King Arthur
Teacher’s Notes
This exercise is designed for students to use independently or in small groups to investigate number
properties. Reporting may use the following resource. (Mikes Investigation Sheet link). It will take
most of an hour to explore this problem, possibly more. It is a very good problem and is accessible
to Level 3 and 4 students.
Number Framework domain and stage:
Multiplication and Division – Advanced Additive to Advanced Multiplication
Curriculum reference:
Solve problems;
NA4-8 Generalise the properties of addition and multiplication with whole numbers.
This Resource Involves:
• patterning
• odd numbers
• powers of 2
• binary numbers
• simplifying a problem
Materials:
• materials to model the problem such as counters.

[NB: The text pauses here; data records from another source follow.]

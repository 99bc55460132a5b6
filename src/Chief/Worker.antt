-- ===== src/Chief/Worker.antt =====
-- chief/chief_worker/chief_worker.go: the goroutine that joins the chief's components, with the steps
-- of those that it joins. Each event is one case of one of their `select`s, or a call of the provider.
pub mod ToProvider
pub mod ToChannels
use fmtp.Prelude.{
  ℕ, zero, suc, ◌-◌, String, Bool, Option, none, List, [], ◌∷◌, ◌++◌, ℤ, length, take, map,
}
use fmtp.Channel.Settings.{ChannelSettings, ChannelSettingsWithPort}
use fmtp.Chief.Settings.{ChiefSettings}
use fmtp.Chief.Message.{Msg, MsgWithChanId}
use fmtp.Chief.Provider.{FmtpGrpcServerImpl, send_msg, recv_msq, clean_old_msg}
use fmtp.Chief.Grpc.{
  OldiGrpcController, change_address, serve_reported, take_packet, pass_from_fdps,
}
use fmtp.Chief.Protocol.{ChannelMsg}
use fmtp.Chief.Channels.{ChiefChannelServer, change_settings}
use fmtp.Chief.Channels.Work.{receive_ws, process_oldi_packet}

-- How a message has left the provider's queue.
pub data Departure : Type 0 where
  handed_over swept_away : Msg → Departure

abbrev pub departed : Departure → Msg
departed (handed_over msg) = msg
departed (swept_away msg) = msg

-- The channels between the components are the lists of what waits in them, oldest first.
pub record ChiefWorker : Type 0 where
  -- The settings of `configurator.ChiefCfg`.
  pub chief_cfg : ChiefSettings
  pub chief_sett_changed : ℕ
  pub oldi_grpc_cntrl : OldiGrpcController
  pub channel_cntrl : ChiefChannelServer
  pub channel_setts_chan : List ChannelSettingsWithPort
  pub from_fdps_packet_chan : List MsgWithChanId
  pub logger_setts_changed : ℕ
  -- The host of each settings of the metrics.
  pub metrics_setts_chan : List String
  -- What has left the queue of the provider, and what `ProcessOldiPacket` has been given.
  pub departures : List Departure
  pub processed : List MsgWithChanId

pub data ChiefEvent : Type 0 where
  -- The configurator's client has new settings.
  configured : ChiefSettings → ChiefEvent
  -- The cases of the worker.
  settings_passed from_fdps_passed to_fdps_passed : ChiefEvent
  -- The cases of the other components.
  channels_configured : ℕ → ChiefEvent
  ws_received : ℕ → ChannelMsg → ℕ → ChiefEvent
  packet_processed : ChiefEvent
  grpc_configured packet_taken msg_passed_on : ChiefEvent
  grpc_served : Bool → ChiefEvent
  swept : ℕ → ChiefEvent
  -- The calls of a provider.
  msgs_sent : Option String → ℕ → List Msg → ChiefEvent
  msgs_asked : Option String → ℕ → ChiefEvent

abbrev signal_settings : ℕ → ChiefWorker → ChiefWorker
signal_settings zero w = w
signal_settings (suc signals) w = record w {
  chief_sett_changed = signals;
  channel_setts_chan =
      w.channel_setts_chan
      ++ record { ch_settings = w.chief_cfg.channel_setts; ch_port = w.chief_cfg.channels_port }
        ∷ [];
  oldi_grpc_cntrl = record w.oldi_grpc_cntrl {
    setts_changed_chan = suc w.oldi_grpc_cntrl.setts_changed_chan;
  };
  logger_setts_changed = suc w.logger_setts_changed;
  metrics_setts_chan = w.metrics_setts_chan ++ w.chief_cfg.ip_addr ∷ [];
}

-- The worker: new settings of the chief.
unfoldable pub pass_settings : ChiefWorker → ChiefWorker
pass_settings w = signal_settings w.chief_sett_changed w

abbrev pub first_from_fdps : List MsgWithChanId → ChiefWorker → ChiefWorker
first_from_fdps [] w = w
first_from_fdps (msg ∷ msgs) w = record w {
  oldi_grpc_cntrl = record w.oldi_grpc_cntrl { from_fdps_chan = msgs };
  from_fdps_packet_chan = w.from_fdps_packet_chan ++ msg ∷ [];
}

-- The worker: a message of the provider.
unfoldable pub pass_from_provider : ChiefWorker → ChiefWorker
pass_from_provider w = first_from_fdps w.oldi_grpc_cntrl.from_fdps_chan w

abbrev pub first_to_fdps : List Msg → ChiefWorker → ChiefWorker
first_to_fdps [] w = w
first_to_fdps (msg ∷ msgs) w = record w {
  channel_cntrl = record w.channel_cntrl { to_fdps_packet_chan = msgs };
  oldi_grpc_cntrl = record w.oldi_grpc_cntrl {
    to_fdps_chan = w.oldi_grpc_cntrl.to_fdps_chan ++ msg ∷ [];
  };
}

-- The worker: a message of the channels.
unfoldable pub pass_to_cntrl : ChiefWorker → ChiefWorker
pass_to_cntrl w = first_to_fdps w.channel_cntrl.to_fdps_packet_chan w

abbrev pub process_first : List MsgWithChanId → ChiefWorker → ChiefWorker
unfolding process_oldi_packet
process_first [] w = w
process_first (msg ∷ msgs) w = record w {
  from_fdps_packet_chan = msgs;
  channel_cntrl = process_oldi_packet w.channel_cntrl msg;
  processed = w.processed ++ msg ∷ [];
}

abbrev pub configure_grpc : ℕ → ChiefWorker → ChiefWorker
unfolding change_address
configure_grpc zero w = w
configure_grpc (suc signals) w = record w {
  oldi_grpc_cntrl =
      change_address w.chief_cfg.oldi_provider_port
        (record w.oldi_grpc_cntrl { setts_changed_chan = signals });
}

abbrev pub with_server : FmtpGrpcServerImpl → ChiefWorker → ChiefWorker
with_server server w = record w {
  oldi_grpc_cntrl = record w.oldi_grpc_cntrl { fmtp_server = server };
}

-- What a call of the provider hands over.
unfoldable pub hand_to_provider : FmtpGrpcServerImpl × List Msg → ChiefWorker → ChiefWorker
hand_to_provider (server, list) w = record (with_server server w) {
  departures = w.departures ++ map handed_over list;
}

-- What a sweep takes from the front of the queue.
unfoldable pub sweep_to : FmtpGrpcServerImpl → ChiefWorker → ChiefWorker
sweep_to server w =
    let queue = w.oldi_grpc_cntrl.fmtp_server.msg_to_fdps in
    record (with_server server w) {
      departures =
          w.departures ++ map swept_away (take (length queue - length server.msg_to_fdps) queue);
    }

module _ (as_time : Option ℕ → ℕ) (remove_binary : String → Bool)
    (copy_binary : ChannelSettings → Option String) where
  abbrev pub configure_channels : ℕ → List ChannelSettingsWithPort → ChiefWorker → ChiefWorker
  unfolding change_settings
  configure_channels now [] w = w
  configure_channels now (setts ∷ more) w = record w {
    channel_setts_chan = more;
    channel_cntrl = change_settings remove_binary copy_binary now setts w.channel_cntrl;
  }

  unfoldable pub chief_step : ChiefEvent → ChiefWorker → ChiefWorker
  unfolding pass_settings pass_from_provider pass_to_cntrl receive_ws process_first configure_grpc
      take_packet pass_from_fdps serve_reported sweep_to hand_to_provider send_msg recv_msq
      clean_old_msg configure_channels
  chief_step (configured cfg) w = record w {
    chief_cfg = cfg;
    chief_sett_changed = suc w.chief_sett_changed;
  }
  chief_step settings_passed w = pass_settings w
  chief_step from_fdps_passed w = pass_from_provider w
  chief_step to_fdps_passed w = pass_to_cntrl w
  chief_step (channels_configured now) w = configure_channels now w.channel_setts_chan w
  chief_step (ws_received now msg sock) w = record w {
    channel_cntrl = receive_ws w.channel_cntrl now msg sock;
  }
  chief_step packet_processed w = process_first w.from_fdps_packet_chan w
  chief_step grpc_configured w = configure_grpc w.oldi_grpc_cntrl.setts_changed_chan w
  chief_step packet_taken w = record w { oldi_grpc_cntrl = take_packet w.oldi_grpc_cntrl }
  chief_step msg_passed_on w = record w { oldi_grpc_cntrl = pass_from_fdps w.oldi_grpc_cntrl }
  chief_step (grpc_served serves) w = record w {
    oldi_grpc_cntrl = serve_reported serves w.oldi_grpc_cntrl;
  }
  chief_step (swept now) w = sweep_to (clean_old_msg as_time w.oldi_grpc_cntrl.fmtp_server now) w
  chief_step (msgs_sent host now list) w =
      with_server (send_msg w.chief_cfg host now list w.oldi_grpc_cntrl.fmtp_server).0 w
  chief_step (msgs_asked host now) w =
      hand_to_provider (recv_msq host now w.oldi_grpc_cntrl.fmtp_server) w

  -- From the first event to the last.
  unfoldable pub chief_run : List ChiefEvent → ChiefWorker → ChiefWorker
  unfolding chief_step
  chief_run [] w = w
  chief_run (event ∷ events) w = chief_run events (chief_step event w)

Prior Knowledge. Students should be able to:
• record patterns and make tables of information
• start solving a problem by simplifying
• know the odd number series and generalisation
• know about binary numbers and powers of 2.
During these activities students will meet:
• odd and binary numbers and powers of two.
Background:
Further information to back up what they will meet:
• FIO Books. Refer to these for extra activities.
• Digistore. Refer to http://www.nzmaths.co.nz for the latest resources.
• National Archive of Virtual Manipulatives. Use Google to find this website.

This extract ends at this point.